The answer should be each line of the records that contains the word "loops"; please copy them all.

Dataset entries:
———

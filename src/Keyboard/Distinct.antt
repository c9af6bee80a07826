-- ===== src/Keyboard/Distinct.antt =====
-- What the loops of `Valid` establish about all the keys of a keyboard together.
use mathlib.Core.List.{Memᴰ}
use mathlib.Core.List.Memᴰ
use blueship.Keyboard.{
  BotKeyboardKey, BotKeyboardNode, BotKeyboard, MenuError, check_row, check_rows, check_screen,
  check_nodes, check_label, valid_key,
}
use blueship.Prelude.{
  String, false, ◌⊎◌, inl, inr, none, some, List, [], ◌∷◌, ◌++◌, ◌≡◌, refl, sym, ◌∙◌, ap, All,
  All-map, All-Memᴰ, contains, contains-cons, and_then, reject, and_then-none, none-and_then,
  reject-none, Option-cases, arith, true≢false,
}

abbrev pub Nodes : Type 0
Nodes = List (String × BotKeyboardNode)

-- All keys of the screens, in the order of the loops.
unfoldable pub keys_of_rows : List (List BotKeyboardKey) → List BotKeyboardKey
keys_of_rows [] = []
keys_of_rows (row ∷ rows) = row ++ keys_of_rows rows

unfoldable pub keys_of : Nodes → List BotKeyboardKey
keys_of [] = []
keys_of ((id, node) ∷ ns) = keys_of_rows node.rows ++ keys_of ns

inl≢inr : {e : MenuError} {s : List String} → inl e ≡ inr s → ⊥
inl≢inr h = cc

some≢none : {e : MenuError} → some e ≡ none → ⊥
some≢none h = cc

sum_cases :
    (r : MenuError ⊎ List String)
    → ((e : MenuError) × (r ≡ inl e)) ⊎ ((s : List String) × (r ≡ inr s))
sum_cases (inl e) = inl (e, refl)
sum_cases (inr s) = inr (s, refl)

module _ (to_lower : String → String) (k : BotKeyboard) (known : List String) where
  abbrev run : List String → List BotKeyboardKey → MenuError ⊎ List String
  run = check_row to_lower k.nodes known

  check_row-cases :
      (seen : List String) (keys : List BotKeyboardKey)
      → ((e : MenuError) × (run seen keys ≡ inl e)) ⊎ ((s : List String) × (run seen keys ≡ inr s))
  check_row-cases seen keys = sum_cases (run seen keys)

  check_row-append :
      (seen : List String) (xs ys : List BotKeyboardKey) (s : List String)
      → run seen xs ≡ inr s
      → run seen (xs ++ ys) ≡ run s ys
  unfolding check_row
  check_row-append seen [] ys s h = ground arith
  check_row-append seen (x ∷ xs) ys s h =
      elim (Option-cases (valid_key to_lower k.nodes known seen x)) [
        | inl fine ↦
            rw (fine, check_row)
              (check_row-append (x.label ∷ seen) xs ys s (rw (fine, check_row) at h))
        | inr (e, bad) ↦ absurd (inl≢inr (rw (bad, check_row) at h))
      ]

  check_rows-check_row :
      (seen : List String) (rows : List (List BotKeyboardKey)) (s : List String)
      → check_rows to_lower k.nodes known seen rows ≡ inr s
      → run seen (keys_of_rows rows) ≡ inr s
  unfolding check_rows keys_of_rows check_row
  check_rows-check_row seen [] s h = h
  check_rows-check_row seen ([] ∷ rows) s h = absurd (inl≢inr h)
  check_rows-check_row seen ((key ∷ keys) ∷ rows) s h = elim (check_row-cases seen (key ∷ keys)) [
    | inl (e, bad) ↦ absurd (inl≢inr (rw (bad, check_rows) at h))
    | inr (s', fine) ↦
        check_row-append seen (key ∷ keys) (keys_of_rows rows) s' fine
        ∙ check_rows-check_row s' rows s (rw (fine, check_rows) at h)
  ]

  check_rows-cases :
      (seen : List String) (rows : List (List BotKeyboardKey))
      → ((e : MenuError) × (check_rows to_lower k.nodes known seen rows ≡ inl e))
        ⊎ ((s : List String) × (check_rows to_lower k.nodes known seen rows ≡ inr s))
  check_rows-cases seen rows = sum_cases (check_rows to_lower k.nodes known seen rows)

  -- The keys of screens without an error pass the checks as one row.
  pub check_nodes-check_row :
      (seen : List String) (ns : Nodes)
      → check_nodes to_lower k known seen ns ≡ none
      → (s : List String) × (run seen (keys_of ns) ≡ inr s)
  unfolding check_nodes keys_of check_row
  check_nodes-check_row seen [] h = (seen, refl)
  check_nodes-check_row seen ((id, node) ∷ ns) h =
      elim (Option-cases (check_screen to_lower k node)) [
        | inr (e, bad) ↦ absurd (some≢none (rw (bad, check_nodes) at h))
        | inl clear ↦ elim (check_rows-cases seen node.rows) [
          | inl (e, bad) ↦ absurd (some≢none (rw (clear, bad, check_nodes) at h))
          | inr (s, fine) ↦
              let (s', rest) = check_nodes-check_row s ns (rw (clear, fine, check_nodes) at h) in
              (
                s',
                check_row-append seen (keys_of_rows node.rows) (keys_of ns) s
                      (check_rows-check_row seen node.rows s fine)
                    ∙ rest,
              )
        ]
      ]

  -- A key that is checked has a label that was not seen, and passes the other checks.
  abbrev pub IsChecked : List String → BotKeyboardKey → Type 0
  IsChecked seen key =
      (contains seen key.label ≡ false) × (valid_key to_lower k.nodes known [] key ≡ none)

  valid_key-IsChecked :
      (seen : List String) (key : BotKeyboardKey)
      → valid_key to_lower k.nodes known seen key ≡ none
      → IsChecked seen key
  unfolding valid_key check_label and_then reject contains
  valid_key-IsChecked seen key h =
      let (here, rest) = and_then-none _ _ h in
      let (a, b) = and_then-none _ _ here in
      let (c, d) = and_then-none _ _ b in
      (reject-none _ _ c, none-and_then (none-and_then a d) rest)

  pub check_row-IsChecked :
      (seen : List String) (keys : List BotKeyboardKey) (s : List String)
      → run seen keys ≡ inr s
      → All (IsChecked seen) keys
  unfolding check_row
  check_row-IsChecked seen [] s h = tt
  check_row-IsChecked seen (key ∷ keys) s h =
      elim (Option-cases (valid_key to_lower k.nodes known seen key)) [
        | inr (e, bad) ↦ absurd (inl≢inr (rw (bad, check_row) at h))
        | inl fine ↦ (
          valid_key-IsChecked seen key fine,
          All-map keys (λ x c. (ground (arith, contains-cons key.label x.label seen, c.0), c.1))
              (check_row-IsChecked (key.label ∷ seen) keys s (rw (fine, check_row) at h)),
        )
      ]

  -- Two keys with one label are one key.
  pub check_row-distinct :
      (seen : List String) (keys : List BotKeyboardKey) (s : List String) (a b : BotKeyboardKey)
      → run seen keys ≡ inr s
      → Memᴰ a keys
      → Memᴰ b keys
      → a.label ≡ b.label
      → a ≡ b
  unfolding check_row
  check_row-distinct seen [] s a b h m m' same = absurd (Memᴰ.not-nil m)
  check_row-distinct seen (x ∷ xs) s a b h m m' same =
      elim (Option-cases (valid_key to_lower k.nodes known seen x)) [
        | inr (e, bad) ↦ absurd (inl≢inr (rw (bad, check_row) at h))
        | inl fine ↦
            let h' = rw (fine, check_row) at h in
            let checked = check_row-IsChecked (x.label ∷ seen) xs s h' in
            let apart : (c : BotKeyboardKey) → Memᴰ c xs → x.label ≡ c.label → ⊥ = λ c mc same'.
              true≢false (
                sym ((contains-cons x.label c.label seen).1 (inl same'))
                ∙ (All-Memᴰ (IsChecked (x.label ∷ seen)) xs c checked mc).0) in
            elim (Memᴰ.cases_cons m) [
              | inl e ↦ elim (Memᴰ.cases_cons m') [
                | inl e' ↦ e ∙ sym e'
                | inr n' ↦ absurd (apart b n' (ap (λ y. y.label) (sym e) ∙ same))
              ]
              | inr n ↦ elim (Memᴰ.cases_cons m') [
                | inl e' ↦ absurd (apart a n (ap (λ y. y.label) (sym e') ∙ sym same))
                | inr n' ↦ check_row-distinct (x.label ∷ seen) xs s a b h' n n' same
              ]
            ]
      ]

———

**Completed exercise**
-- What the loops of `Valid` establish about all the keys of a keyboard together.
-- All keys of the screens, in the order of the loops.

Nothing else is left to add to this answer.